» **Exercise details**
Given the listing below, write out exactly the lines starting with the line that has "to_lower unicode s" and going on through the line that has "lower_byte_idem c = ground arith", both kept.

----------------------------------------

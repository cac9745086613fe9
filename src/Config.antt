-- ===== src/Config.antt =====
-- config/config.go: the configuration and its action kinds.
pub mod Validate
pub mod Expand
use avella.Common.{Bool, ℕ, List, [], ◌∷◌, Option, none, some, is_some, ◌&&◌, ◌||◌, not}
use avella.Common.Dict.{Dict}
use avella.Common.Int.{ℤ}
use avella.Common.Text.{Text, str}

pub record MatchRule : Type 0 where
  pub filename_regex : Text
  pub filename_glob : Text
  pub file_type : Text
  pub min_age : Text
  pub min_age_seconds : ℤ
  pub min_size : ℤ
  pub max_size : ℤ

pub record IgnoreRule : Type 0 where
  pub criteria : MatchRule

pub record Ssh : Type 0 where
  pub host : Text
  pub user : Text
  pub key : Text
  pub agent_sock : Text

pub record MoveConfig : Type 0 where
  pub dest : Text

pub record ScpConfig : Type 0 where
  pub host : Text
  pub dest : Text
  pub delete_source : Bool

pub record ExecConfig : Type 0 where
  pub command : Text

pub record ValidateZipConfig : Type 0 where
  pub mode : Text

pub record NotifyConfig : Type 0 where
  pub message : Text

-- A pointer that may be nil is an option.
pub record ActionConfig : Type 0 where
  pub move : Option MoveConfig
  pub scp : Option ScpConfig
  pub exec : Option ExecConfig
  pub validate_zip : Option ValidateZipConfig
  pub notify : Option NotifyConfig

pub record Rule : Type 0 where
  pub name : Text
  pub criteria : MatchRule
  pub actions : List ActionConfig
  pub on_success : List ActionConfig
  pub on_fail : List ActionConfig

pub record Config : Type 0 where
  pub watch : List Text
  pub ssh_hosts : Dict Text Ssh
  pub ignored : Dict Text IgnoreRule
  pub rules : List Rule

-- `TypeName`: the first field set, in the order move, scp, exec, validate_zip, notify.
unfoldable pub type_name : ActionConfig → Text
type_name ac = elim ac.move [
  | some _ ↦ str "move"
  | none ↦ elim ac.scp [
    | some _ ↦ str "scp"
    | none ↦ elim ac.exec [
      | some _ ↦ str "exec"
      | none ↦ elim ac.validate_zip [
        | some _ ↦ str "validate_zip"
        | none ↦ elim ac.notify [ some _ ↦ str "notify" | none ↦ str "unknown" ]
      ]
    ]
  ]
]
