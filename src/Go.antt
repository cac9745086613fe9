-- ===== src/Go.antt =====
-- The parts of Go's standard library that the program calls: strings and path/filepath as
-- definitions, and the engines it only consults (regexp, glob patterns, durations, time formats,
-- text/template, Unicode case) as the parameter `Std`.
pub mod Strings
pub mod FilePath
pub mod Os
use avella.Common.{Option, Bool}
use avella.Common.Dict.{Dict}
use avella.Common.Int.{ℤ}
use avella.Common.Text.{Text}

pub record Std : Type 1 where
  -- `regexp.Compile`, and `MatchString` of what it returns
  pub Regexp : Type 0
  pub compile : Text → Option Regexp
  pub match_string : Regexp → Text → Bool
  -- `filepath.Match`: `none` is `ErrBadPattern`
  pub glob : Text → Text → Option Bool
  -- `time.ParseDuration`, in nanoseconds
  pub parse_duration : Text → Option ℤ
  -- `Time.Format` of a layout, at a time in nanoseconds
  pub format_time : ℤ → Text → Text
  -- `template.New("dest").Parse` and `Execute` over named fields
  pub Template : Type 0
  pub parse_template : Text → Option Template
  pub execute_template : Template → Dict Text Text → Option Text
  -- `strings.ToLower` and `strings.EqualFold` where a text is not ASCII
  pub unicode_lower : Text → Text
  pub unicode_equal_fold : Text → Text → Bool
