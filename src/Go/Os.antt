-- ===== src/Go/Os.antt =====
-- What package os reports of a file.
use avella.Common.{Bool, Result}
use avella.Common.Int.{ℤ}
use avella.Common.Text.{Text}

-- `errors.Is(err, os.ErrNotExist)`, or another error.
pub data OsError : Type 0 where
  not_exist os_failure : OsError

-- `os.FileInfo`: the size in bytes and the modification time in nanoseconds.
pub record FileInfo : Type 0 where
  pub size : ℤ
  pub mod_time : ℤ
  pub is_dir : Bool

-- `os.Stat` at one moment.
abbrev pub Stat : Type 0
Stat = Text → Result OsError FileInfo

-- `os.UserHomeDir`
abbrev pub HomeDir : Type 0
HomeDir = Result OsError Text
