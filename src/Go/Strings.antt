-- ===== src/Go/Strings.antt =====
-- Package strings, on bytes. What ToLower and EqualFold do outside ASCII is an argument.
use avella.Common.{
  ℕ, ◌+◌, ◌≡◌, refl, Bool, true, false, ◌&&◌, ◌||◌, [], ◌∷◌, map, ◌==◌, ltb, leb, nat_eq,
  if◌then◌else◌, arith, ℕ_discrete,
}
use avella.Common.Text.{Text, str, text_eq}

-- `strings.HasPrefix`
unfoldable pub has_prefix : Text → Text → Bool
has_prefix s [] = true
has_prefix [] (p ∷ ps) = false
has_prefix (c ∷ s) (p ∷ ps) = c == p && has_prefix s ps

-- `strings.TrimPrefix` for a prefix of one byte.
unfoldable pub trim_byte : ℕ → Text → Text
trim_byte b [] = []
trim_byte b (c ∷ s) = if c == b then s else c ∷ s

-- `strings.Contains`
unfoldable pub contains_text : Text → Text → Bool
unfolding has_prefix
contains_text [] t = has_prefix [] t
contains_text (c ∷ s) t = has_prefix (c ∷ s) t || contains_text s t

unfoldable pub is_ascii : Text → Bool
is_ascii [] = true
is_ascii (c ∷ s) = ltb c 128 && is_ascii s

unfoldable pub lower_byte : ℕ → ℕ
lower_byte c = if leb b'A' c && leb c b'Z' then c + 32 else c

unfoldable pub ascii_lower : Text → Text
unfolding lower_byte
ascii_lower = map lower_byte

-- `strings.ToLower`
unfoldable pub to_lower : (Text → Text) → Text → Text
unfolding is_ascii ascii_lower
to_lower unicode s = if is_ascii s then ascii_lower s else unicode s

-- `strings.EqualFold`
unfoldable pub equal_fold : (Text → Text → Bool) → Text → Text → Bool
unfolding is_ascii ascii_lower
equal_fold unicode s t =
    if is_ascii s && is_ascii t then ascii_lower s == ascii_lower t else unicode s t

lower_byte_idem : (c : ℕ) → lower_byte (lower_byte c) ≡ lower_byte c
unfolding lower_byte
lower_byte_idem c = ground arith

pub ascii_lower_idem : (s : Text) → ascii_lower (ascii_lower s) ≡ ascii_lower s
unfolding ascii_lower
ascii_lower_idem [] = refl
ascii_lower_idem (c ∷ s) = cc (lower_byte_idem c, ascii_lower_idem s)

pub is_ascii-ascii_lower : (s : Text) → is_ascii s ≡ true → is_ascii (ascii_lower s) ≡ true
unfolding is_ascii ascii_lower
is_ascii-ascii_lower [] h = refl
is_ascii-ascii_lower (c ∷ s) h = ground (arith, is_ascii-ascii_lower s)

found : contains_text (str "a/{{.Year}}") (str "{{") ≡ true
unfolding contains_text ℕ_discrete
found = refl
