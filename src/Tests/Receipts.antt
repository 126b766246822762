-- ===== src/Tests/Receipts.antt =====
-- A ring of two stages that is settled (shard/shard/receipt.py, shard/shard/verify.py).
use shard_glm_image.Base.{
  String, ◌≡◌, ◌≢◌, refl, none, some, List, [], ◌∷◌, ℕ, arith, true, false, inr, text_discrete,
  dec_lt, dec_le, ℕ_discrete,
}
use shard_glm_image.Base.Int.{ℤ, pos, ℤ_discrete}
use shard_glm_image.Base.Sort.{sort_by}
use mathlib.Core.List.{Mem, not-mem-nil}
use shard_glm_image.Receipt.Dict.{
  Dict, ok, err, get, put, without, item, as_int, text, wrong_block, stale_nonce, Value-discrete,
  Found-discrete, no_assignments,
}
use shard_glm_image.Receipt.Signing.{
  Crypto, IsSound, truthy, check_signer, decode, check_signature, canonical, verify_receipt,
  wire_receipt, new_signer, observe, body, finalize, nonce_entry,
}
use shard_glm_image.Receipt.Coverage.{
  Terms, Entry, check_nonce, check_start, check_block, check_work, assigned, check_assigned,
  check_map, check_receipt, collect, check_served, check_all_served, tile, link, check_links,
  verify_coverage,
}
use shard_glm_image.Receipt.Settle.{
  Settlement, stage_of, stages_of, stages, settle, settle_unpinned,
}
use shard_glm_image.Receipt.Settlement.{
  Settled, settle-Settled, paid_layers, paid_layers-settle, settle_unpinned-settle,
}
use shard_glm_image.Receipt.Roundtrip.{observe_all, tagged, sent, check_receipt-sent}

abbrev key_of : (k : String) → Dec (k ≡ "") → String
key_of k (yes e) = "?"
key_of k (no n) = k

-- A toy of a signature scheme: every signature is the text "s", and no other text verifies.
unfoldable pub toy : Crypto
unfolding text_discrete
toy = record {
  public = λ k. key_of k (text_discrete k "");
  sign = λ k m. "s";
  verify = λ p m s. elim (text_discrete s "s") [ yes e ↦ true | no n ↦ false ];
  sha256 = λ b. b;
  hexdigest = λ b. "h";
  dumps = λ d. [];
}

public-ne : (k : String) (d : Dec (k ≡ "")) → key_of k d ≢ ""
public-ne k (yes e) p = cc
public-ne k (no n) p = n p

pub toy-IsSound : IsSound toy
unfolding toy
toy-IsSound = record {
  sign-verify = λ k m. refl;
  public-ne = λ k. public-ne k (text_discrete k "");
  sign-ne = λ k m p. cc;
}

program : Unit {0}
unfolding toy text_discrete ℤ_discrete ℕ_discrete dec_lt dec_le Value-discrete Found-discrete get
    put without item as_int truthy check_signer decode check_signature canonical verify_receipt
    wire_receipt new_signer observe body finalize nonce_entry check_nonce check_start check_block
    check_work assigned check_assigned check_map check_receipt collect check_served check_all_served
    tile link check_links verify_coverage stage_of stages_of stages settle settle_unpinned
    observe_all tagged sent sort_by
program = tt

abbrev receipt : String → ℕ → ℕ → Dict
receipt key lo hi = wire_receipt (sent toy key "0" "swarm" "job" lo hi (some "n1") (([], []) ∷ []))

abbrev receipts : List Dict
receipts = receipt "b" 4 9 ∷ receipt "a" 0 4 ∷ []

abbrev assignments : List (String × ℤ × ℤ)
assignments = ("a", pos 0, pos 4) ∷ ("b", pos 4, pos 9) ∷ []

abbrev outcome : Settlement
outcome = record {
  pinned = true;
  layer_count = 9;
  stages =
      record { pubkey = text "a"; lo = pos 0; hi = pos 4; layers = pos 4 }
      ∷ record { pubkey = text "b"; lo = pos 4; hi = pos 9; layers = pos 5 }
      ∷ [];
}

settled : settle toy receipts 9 (some "n1") true assignments ≡ ok outcome
unfolding program
settled = refl

settle_stale : settle toy receipts 9 (some "n2") true assignments ≡ err stale_nonce
unfolding program
settle_stale = refl

settle_swapped :
    settle toy receipts 9 (some "n1") true (("b", pos 0, pos 4) ∷ ("a", pos 4, pos 9) ∷ [])
    ≡ err wrong_block
unfolding program
settle_swapped = refl

settle_unmapped : settle toy receipts 9 (some "n1") true [] ≡ err no_assignments
unfolding program
settle_unmapped = refl

settle-Settled_example : Settled toy receipts 9 (some "n1") true assignments outcome
settle-Settled_example = settle-Settled toy receipts 9 (some "n1") true assignments outcome settled

paid_layers-settle_example : paid_layers outcome.stages ≡ 9
paid_layers-settle_example =
    paid_layers-settle toy receipts 9 (some "n1") true assignments outcome settled

settle_unpinned-settle_example :
    settle_unpinned toy receipts 9 (some "n1") true ≡ ok (record outcome { pinned = false })
settle_unpinned-settle_example =
    settle_unpinned-settle toy receipts 9 (some "n1") true assignments outcome settled

abbrev terms : Terms
terms = record {
  layer_count = 9;
  expected_by_signer = none;
  expected_nonce = some "n1";
  check_chain = true;
}

not_seen : ¬ Mem {A = String} "k" []
not_seen = not-mem-nil

check_receipt-sent_example :
    (e : Entry) × (check_receipt toy terms []
        (wire_receipt (sent toy "k" "0" "swarm" "job" 4 9 (some "n1") (([], []) ∷ [])))
      ≡ ok e)
    × (e.pubkey ≡ toy.public "k")
    × (e.lo ≡ 4)
    × (e.hi ≡ 9)
unfolding program
check_receipt-sent_example =
    check_receipt-sent toy terms [] "k" "0" "swarm" "job" 4 9 (some "n1") (([], []) ∷ [])
      toy-IsSound (omega arith) (omega arith) (omega arith) (inr refl) not_seen refl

----------------------------------------

» **Task result**
to_lower unicode s = if is_ascii s then ascii_lower s else unicode s

-- `strings.EqualFold`
unfoldable pub equal_fold : (Text → Text → Bool) → Text → Text → Bool
unfolding is_ascii ascii_lower
equal_fold unicode s t =
    if is_ascii s && is_ascii t then ascii_lower s == ascii_lower t else unicode s t

lower_byte_idem : (c : ℕ) → lower_byte (lower_byte c) ≡ lower_byte c
unfolding lower_byte
lower_byte_idem c = ground arith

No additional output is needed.